The carriage wound its way past the elegant Georgian arcades of Regent Street, negotiating the omnibuses, carts, the mingling crowds, and on towards Piccadilly Circus. The evening’s entertainment at the Princess Theatre was ‘M. Fechter’s Hamlet’, proudly advertised on a banner illuminated by burning gaslights, only just visible through the yellowish fog that had moved in from the Thames—as it did most afternoons.
An omnibus materialised out of the haze. It was filled with singing drunken men—a guild of journeymen from the north on an excursion to the big city. Their deep voices boomed out like an invisible chorus as Aloysius swerved to miss the vehicle with its heaving carthorses.
The brougham turned back into secluded Mayfair, where omnibuses were banned and only muffin-men, lavender-sellers and the occasional wandering musician with his barrow organ and monkey were allowed entry. Instantly it was quieter, and the smell of seclusion and money gave the insidious impression of safety. Lavinia, who had been staring out of the window, settled back against the leather upholstery.
They entered Bond Street, trotting past the booksellers and publishers and the gentlemen shoppers, several of whom tipped their hats at Lavinia—a woman strikingly alone at this hour of the day.
Aloysius reined in the horses beside the covered entrance of the Burlington Arcade. Two beadles in distinctive black and red uniforms stood guard at the entrance to ensure that the Bond Street loungers—bored dandies and revellers who had emerged early from the gentlemen’s clubs—did not enter the sedate and elegant arcade.
Above the entrance climbed a canopy of steel vines. Inside, gaslights illuminated the shops’ displays of dresses, hats, jewellery and all manner of frivolous objects craved by the very wealthy, creating an effect as seductive as Aladdin’s cave.
Lavinia barely glanced at these treasures as she stepped out of the carriage. Instead, escorted by Aloysius through a milling group of curious male onlookers, one of whom whistled rudely, she made her way to John Brindley’s bookstore at 29 Bond Street.
Together, Lavinia and Aloysius almost filled t
he tiny emporium whose every wall was crammed with books, the shelves climbing to the very ceiling. The place appeared empty of assistants.
Squeezing her way around several piles of boxes, Lavinia navigated a path to the high oak counter and peered over.
‘I believe the American statesman Abraham Lincoln has published a volume of poetry?’
A diminutive man with a very large nose that divided his saturnine face into two distinct sides, sad and sadder, sat eclipsed by a large volume he held in his lap. He looked over his half-moon spectacles at her, then, shrugging indifferently, returned to his reading.
‘I beg your pardon,’ Lavinia repeated, raising her voice in case the bookseller was hard of hearing, ‘I believe—’
‘I heard you the first time, madam. And yes, Mr Lincoln does write poetry, however he is a better politician than poet, therefore I suggest you save your pennies. Besides, you have the look of a Mrs Gore reader.’ He sniffed contemptuously and pointed a long dirty fingernail to a pile of books on a table near the door.
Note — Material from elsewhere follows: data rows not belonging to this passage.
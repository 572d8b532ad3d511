-- ===== src/Persistence/Runs.antt =====
-- persistence/repositories.py, `RunRepository`: runs and their status.
use quant_factory.Prelude.{
  Bool, true, false, Option, none, some, [], ◌∷◌, ◌++◌, String, if◌then◌else◌,
}
use quant_factory.Python.{ok, err, key_error, sqlite_integrity}
use quant_factory.Python.Exec.{Exec}
use quant_factory.Persistence.{
  RunStage, RunStatus, running, is_terminal, ExperimentRunRecord, Database, validate_run_transition,
}
use quant_factory.Persistence.Tables.{get, update}

abbrev pub run_key : ExperimentRunRecord → String
run_key r = r.run_id

unfoldable pub get_run : Database → String → Option ExperimentRunRecord
get_run db run_id = get run_key run_id db.runs

abbrev is_running : RunStatus → Bool
is_running running = true
is_running _ = false

abbrev time_if : Bool → String → Option String
time_if true now = some now
time_if false now = none

-- `current.started_at or (now if ...)`; a stored time is never the empty text
abbrev pub or_else : Option String → Option String → Option String
or_else none o = o
or_else (some t) o = some t

-- `RunRepository.create`: the INSERT refuses a run identity that is taken.
unfoldable pub create_run :
    (now run_id configuration_id strategy_id strategy_version : String)
    → RunStage
    → RunStatus
    → (environment_json : String) → Exec Database ExperimentRunRecord
create_run now run_id configuration_id strategy_id strategy_version stage status environment_json
      db =
    elim (get_run db run_id) [
      | some _ ↦ (err sqlite_integrity, db)
      | none ↦
          let row : ExperimentRunRecord = record {
            run_id = run_id;
            configuration_id = configuration_id;
            strategy_id = strategy_id;
            strategy_version = strategy_version;
            stage = stage;
            status = status;
            started_at = time_if (is_running status) now;
            completed_at = time_if (is_terminal status) now;
            error_summary = none;
            environment_json = environment_json;
            created_at = now;
            attempt_count = 0;
          } in
          (ok row, record db { runs = db.runs ++ row ∷ [] })
    ]

abbrev pub moved :
    (now : String) → RunStatus → Option String → ExperimentRunRecord → ExperimentRunRecord
moved now new error_summary r = record r {
  status = new;
  started_at = or_else r.started_at (time_if (is_running new) now);
  completed_at = if is_terminal new then some now else r.completed_at;
  error_summary = error_summary;
}

abbrev pub always : ExperimentRunRecord → Bool
always r = true

abbrev pub set_run : String → (ExperimentRunRecord → ExperimentRunRecord) → Database → Database
set_run run_id f db = record db { runs = update run_key run_id always f db.runs }

-- `RunRepository.transition`
unfoldable pub transition :
    (now run_id : String) → RunStatus → Option String → Exec Database ExperimentRunRecord
unfolding validate_run_transition
transition now run_id new error_summary db = elim (get_run db run_id) [
  | none ↦ (err key_error, db)
  | some current ↦ elim (validate_run_transition current.status new) [
    | err e ↦ (err e, db)
    | ok _ ↦
        (ok (moved now new error_summary current), set_run run_id (moved now new error_summary) db)
  ]
]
‘Appallingly prolific but salacious enough to sell; literature with the endurance of a gadfly. Pin Money is the one to read, or so they tell me.’
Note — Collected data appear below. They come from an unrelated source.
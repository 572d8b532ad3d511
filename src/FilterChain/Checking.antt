-- ===== src/FilterChain/Checking.antt =====
-- orchestration/filter_chain.py, `_validate_persisted_reference`: the run that a stage names is the one
-- that was reserved for it, and it succeeded.
use quant_factory.Persistence.Runs.{get_run}
use quant_factory.Python.Text.{strip, is_empty}
use quant_factory.FilterChain.{Database, PersistedStageReference}
use quant_factory.Persistence.{is_succeeded, is_stage, ExperimentRunRecord, RunStage}
use quant_factory.Python.{
  attribute_error, or_raise, value_error, raise_unless, err, ok, Result, Exn,
}
use quant_factory.Prelude.{Bool, ◌&&◌, not, String, string_eq, ◌==◌}
use quant_factory.Python.Raising.{◌>>=◌, ◌>>◌}
use quant_factory.Python.Json.{Json, object, Fields, Codec, get, is_text}

module _ (codec : Codec) where
  abbrev has_identity : RunStage → ExperimentRunRecord → ExperimentRunRecord → Bool
  has_identity stage source persisted =
      is_stage persisted.stage stage
      && is_succeeded persisted.status
      && persisted.configuration_id == source.configuration_id
      && persisted.strategy_id == source.strategy_id
      && persisted.strategy_version == source.strategy_version

  abbrev fields_or : Exn → Json → Result Fields
  fields_or e (object fs) = ok fs
  fields_or e v = err e

  -- `_validate_persisted_reference`
  unfoldable pub validate_persisted_reference :
      (screening_run_id : String)
      → RunStage
      → (expected_source_run_id expected_run_id : String) → PersistedStageReference
      → Database
      → Result (Unit {0})
  validate_persisted_reference screening_run_id expected_stage expected_source_run_id
        expected_run_id reference db =
      do
        raise_unless (is_stage reference.stage expected_stage) value_error
        raise_unless (not (is_empty (strip reference.run_id))) value_error
        raise_unless (reference.run_id == expected_run_id) value_error
        source ← or_raise (get_run db screening_run_id) value_error
        persisted ← or_raise (get_run db reference.run_id) value_error
        raise_unless (has_identity expected_stage source persisted) value_error
        value ← or_raise (codec.loads persisted.environment_json) value_error
        environment ← fields_or attribute_error value
        handoff ← fields_or value_error (get "filter_handoff" environment)
        raise_unless (is_text (get "source_run_id" handoff) expected_source_run_id) value_error
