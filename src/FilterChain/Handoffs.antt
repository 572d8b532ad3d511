-- ===== src/FilterChain/Handoffs.antt =====
-- orchestration/filter_chain.py, `_run`: the handoff of a stage, from the evidence that is read back.
use quant_factory.FilterChain.{
  stage_may_progress, FilterStageHandoff, StageOutcome, SourceLock, Surroundings,
}
use quant_factory.Prelude.{Bool, true, false, Option, none, some, [], ◌∷◌, String, string_eq, ◌==◌}
use quant_factory.Python.{
  Exn, type_error, attribute_error, assertion_error, sqlite_integrity, adapter_error,
  fixture_timeout, Result, ok, err,
}
use quant_factory.Python.Json.{Codec}
use quant_factory.Persistence.{RunStage, Database}

-- `except (KeyError, RuntimeError, ValueError)`
abbrev pub is_caught : Exn → Bool
is_caught type_error = false
is_caught attribute_error = false
is_caught assertion_error = false
is_caught sqlite_integrity = false
is_caught adapter_error = false
is_caught fixture_timeout = false
is_caught e = true

module _ (codec : Codec) (world : Surroundings) where
  -- What the evidence of a stage says.
  unfoldable pub oos_handoff :
      RunStage → String → Result SourceLock → Result (FilterStageHandoff × Option SourceLock)
  oos_handoff stage run_id (ok lock) = ok (
    record {
      stage = stage;
      run_id = run_id;
      status = lock.status;
      eligible_to_progress = lock.status == "passed";
      evidence_identity = some lock.artifact_id;
      reasons = lock.reasons;
    },
    some lock,
  )
  oos_handoff stage run_id (err e) = elim (is_caught e) [
    | false ↦ err e
    | true ↦ ok (
      record {
        stage = stage;
        run_id = run_id;
        status = "invalid";
        eligible_to_progress = false;
        evidence_identity = none;
        reasons = world.message e ∷ [];
      },
      none,
    )
  ]

  unfoldable pub scored_handoff :
      RunStage → String → Result StageOutcome → Result (FilterStageHandoff × Option SourceLock)
  scored_handoff stage run_id (ok outcome) = ok (
    record {
      stage = stage;
      run_id = run_id;
      status = outcome.status;
      eligible_to_progress = stage_may_progress stage outcome;
      evidence_identity = outcome.evidence_identity;
      reasons = outcome.reasons;
    },
    none,
  )
  scored_handoff stage run_id (err e) = err e

  unfoldable pub read_handoff :
      RunStage → String → Database → Result (FilterStageHandoff × Option SourceLock)
  read_handoff RunStage.oos run_id db =
      oos_handoff RunStage.oos run_id (world.source_lock run_id db)
  read_handoff stage run_id db = scored_handoff stage run_id (world.stage_outcome run_id db)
Insulted, Lavinia placed her purse on the counter. ‘I detest Mrs Gore’s halfpenny scandals. I know what I wish to purchase and it is Mr Lincoln’s poetry. I am a great admirer of the statesman.’
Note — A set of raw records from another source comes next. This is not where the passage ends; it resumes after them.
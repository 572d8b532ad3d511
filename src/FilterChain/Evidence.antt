-- ===== src/FilterChain/Evidence.antt =====
-- orchestration/filter_chain.py, `_run`: what the evidence of a stage says of its handoff.
use quant_factory.Python.Raising.{ok-injective}
use text.Mathlib.TextEquality.{eq_iff}
use quant_factory.Prelude.{
  ◌≡◌, refl, ◌↔◌, ◌⊎◌, inl, inr, true, false, Option, none, some, List, [], ◌∷◌, String, arith,
  string_eq, Bool-cases,
}
use quant_factory.Python.{Exn, Result, ok, err}
use quant_factory.Python.Json.{Codec}
use quant_factory.Persistence.{RunStage, Database}
use quant_factory.FilterChain.{
  undecided_folds, is_same_reasons, stage_may_progress, StageOutcome, SourceLock,
  FilterStageHandoff, Surroundings,
}
use quant_factory.FilterChain.Handoffs.{is_caught, oos_handoff, scored_handoff, read_handoff}

-- The outcomes that let a stage pass on: a passed one; a failed one of the scored stages, which only
-- rank; and evidence that is insufficient, of the last stage or for lack of a decision on the folds.
abbrev pub MayProgress : RunStage → StageOutcome → Type 0
MayProgress RunStage.walk_forward o =
    (o.status ≡ "passed")
    ⊎ (o.status ≡ "failed")
    ⊎ ((o.status ≡ "insufficient_evidence") × (o.reasons ≡ undecided_folds))
MayProgress RunStage.robustness o = (o.status ≡ "passed") ⊎ (o.status ≡ "failed")
MayProgress RunStage.monte_carlo o =
    (o.status ≡ "passed") ⊎ (o.status ≡ "failed") ⊎ (o.status ≡ "insufficient_evidence")
MayProgress _ o = o.status ≡ "passed"

is_same_reasons_iff : (a b : List String) → (is_same_reasons a b ≡ true) ↔ (a ≡ b)
is_same_reasons_iff [] [] = (λ _. refl, λ _. refl)
is_same_reasons_iff [] (y ∷ b) = (λ h. absurd (cc h), λ h. absurd (cc h))
is_same_reasons_iff (x ∷ a) [] = (λ h. absurd (cc h), λ h. absurd (cc h))
is_same_reasons_iff (x ∷ a) (y ∷ b) = ground (arith, eq_iff x y, is_same_reasons_iff a b)

stage_may_progress_iff :
    (stage : RunStage) (o : StageOutcome)
    → (stage_may_progress stage o ≡ true) ↔ MayProgress stage o
unfolding stage_may_progress
stage_may_progress_iff RunStage.walk_forward o = ground (
  arith,
  eq_iff o.status "passed",
  eq_iff o.status "failed",
  eq_iff o.status "insufficient_evidence",
  is_same_reasons_iff o.reasons undecided_folds,
)
stage_may_progress_iff RunStage.robustness o =
    ground (arith, eq_iff o.status "passed", eq_iff o.status "failed")
stage_may_progress_iff RunStage.monte_carlo o = ground (
  arith,
  eq_iff o.status "passed",
  eq_iff o.status "failed",
  eq_iff o.status "insufficient_evidence",
)
stage_may_progress_iff RunStage.oos o = ground (arith, eq_iff o.status "passed")
stage_may_progress_iff RunStage.screening o = ground (arith, eq_iff o.status "passed")
stage_may_progress_iff RunStage.fixture o = ground (arith, eq_iff o.status "passed")

module _ (world : Surroundings) where
  -- The lock of the source was read for the run, and the handoff and the chain keep what it says.
  pub record IsLocked (run_id : String) (h : FilterStageHandoff) (kept : Option SourceLock)
      (db : Database) : Type 0 where
    pub read : SourceLock
    pub was_read : world.source_lock run_id db ≡ ok read
    pub is_kept : kept ≡ some read
    pub status_read : h.status ≡ read.status
    pub identity_read : h.evidence_identity ≡ some read.artifact_id
    pub reasons_read : h.reasons ≡ read.reasons
    pub progress_read : (h.eligible_to_progress ≡ true) ↔ (read.status ≡ "passed")

  -- The lock of the source could not be read, and the stage may not pass on.
  pub record IsUnreadable (run_id : String) (h : FilterStageHandoff) (kept : Option SourceLock)
      (db : Database) : Type 0 where
    pub raised : Exn
    pub was_raised : world.source_lock run_id db ≡ err raised
    pub nothing_kept : kept ≡ none
    pub is_invalid : h.status ≡ "invalid"
    pub no_progress : h.eligible_to_progress ≡ false

  -- The outcome of the stage was read for the run, and the handoff keeps what it says.
  pub record IsScored (stage : RunStage) (run_id : String) (h : FilterStageHandoff)
      (kept : Option SourceLock) (db : Database) : Type 0 where
    pub read : StageOutcome
    pub was_read : world.stage_outcome run_id db ≡ ok read
    pub nothing_kept : kept ≡ none
    pub status_read : h.status ≡ read.status
    pub identity_read : h.evidence_identity ≡ read.evidence_identity
    pub reasons_read : h.reasons ≡ read.reasons
    pub progress_read : (h.eligible_to_progress ≡ true) ↔ MayProgress stage read

  -- What the evidence service answers in this database for the run of the stage.
  abbrev pub Says :
      RunStage → (run_id : String) → FilterStageHandoff × Option SourceLock → Database → Type 0
  Says RunStage.oos run_id p db = IsLocked run_id p.0 p.1 db ⊎ IsUnreadable run_id p.0 p.1 db
  Says stage run_id p db = IsScored stage run_id p.0 p.1 db

  -- The handoff names the stage and the run, and says what the evidence says.
  abbrev pub IsFounded :
      RunStage → (run_id : String) → FilterStageHandoff × Option SourceLock → Database → Type 0
  IsFounded stage run_id p db = (p.0.stage ≡ stage) × (p.0.run_id ≡ run_id) × Says stage run_id p db

module _ (codec : Codec) (world : Surroundings) where
  oos_handoff-IsFounded :
      (run_id : String) (db : Database) (r : Result SourceLock)
      (p : FilterStageHandoff × Option SourceLock)
      → world.source_lock run_id db ≡ r
      → oos_handoff codec world RunStage.oos run_id r ≡ ok p
      → IsFounded world RunStage.oos run_id p db
  unfolding oos_handoff
  oos_handoff-IsFounded run_id db (ok lock) p was h = rw (← ok-injective h) (
    refl,
    refl,
    inl (record {
      read = lock;
      was_read = was;
      is_kept = refl;
      status_read = refl;
      identity_read = refl;
      reasons_read = refl;
      progress_read = eq_iff lock.status "passed";
    }),
  )
  oos_handoff-IsFounded run_id db (err e) p was h = elim (Bool-cases (is_caught e)) [
    | inl caught ↦ rw (← ok-injective (rw (caught, oos_handoff) at h)) (
      refl,
      refl,
      inr (record {
        raised = e;
        was_raised = was;
        nothing_kept = refl;
        is_invalid = refl;
        no_progress = refl;
      }),
    )
    | inr leaves ↦ absurd (cc (rw (leaves, oos_handoff) at h))
  ]

  scored_handoff-IsScored :
      (stage : RunStage) (run_id : String) (db : Database) (r : Result StageOutcome)
      (p : FilterStageHandoff × Option SourceLock)
      → world.stage_outcome run_id db ≡ r
      → scored_handoff codec world stage run_id r ≡ ok p
      → (p.0.stage ≡ stage) × (p.0.run_id ≡ run_id) × IsScored world stage run_id p.0 p.1 db
  unfolding scored_handoff
  scored_handoff-IsScored stage run_id db (ok outcome) p was h = rw (← ok-injective h) (
    refl,
    refl,
    record {
      read = outcome;
      was_read = was;
      nothing_kept = refl;
      status_read = refl;
      identity_read = refl;
      reasons_read = refl;
      progress_read = stage_may_progress_iff stage outcome;
    },
  )
  scored_handoff-IsScored stage run_id db (err e) p was h = absurd (cc h)

  pub read_handoff-IsFounded :
      (stage : RunStage) (run_id : String) (db : Database)
      (p : FilterStageHandoff × Option SourceLock)
      → read_handoff codec world stage run_id db ≡ ok p
      → IsFounded world stage run_id p db
  unfolding read_handoff
  read_handoff-IsFounded RunStage.oos run_id db p h =
      oos_handoff-IsFounded run_id db (world.source_lock run_id db) p refl h
  read_handoff-IsFounded RunStage.walk_forward run_id db p h =
      scored_handoff-IsScored RunStage.walk_forward run_id db (world.stage_outcome run_id db) p refl
        h
  read_handoff-IsFounded RunStage.robustness run_id db p h =
      scored_handoff-IsScored RunStage.robustness run_id db (world.stage_outcome run_id db) p refl h
  read_handoff-IsFounded RunStage.monte_carlo run_id db p h =
      scored_handoff-IsScored RunStage.monte_carlo run_id db (world.stage_outcome run_id db) p refl
        h
  read_handoff-IsFounded RunStage.screening run_id db p h =
      scored_handoff-IsScored RunStage.screening run_id db (world.stage_outcome run_id db) p refl h
  read_handoff-IsFounded RunStage.fixture run_id db p h =
      scored_handoff-IsScored RunStage.fixture run_id db (world.stage_outcome run_id db) p refl h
Sighing heavily, the bookseller slipped off his stool and, muttering, pushed a set of library steps along the sloping wooden floor at an excruciatingly slow pace. There, with surprising agility that reminded Lavinia of the bed bug she’d once seen under her father’s microscope, he clawed his way up the steps and reached to a high shelf. He pulled out a book and shook it vigorously, releasing several dead moths that plummeted to the floor.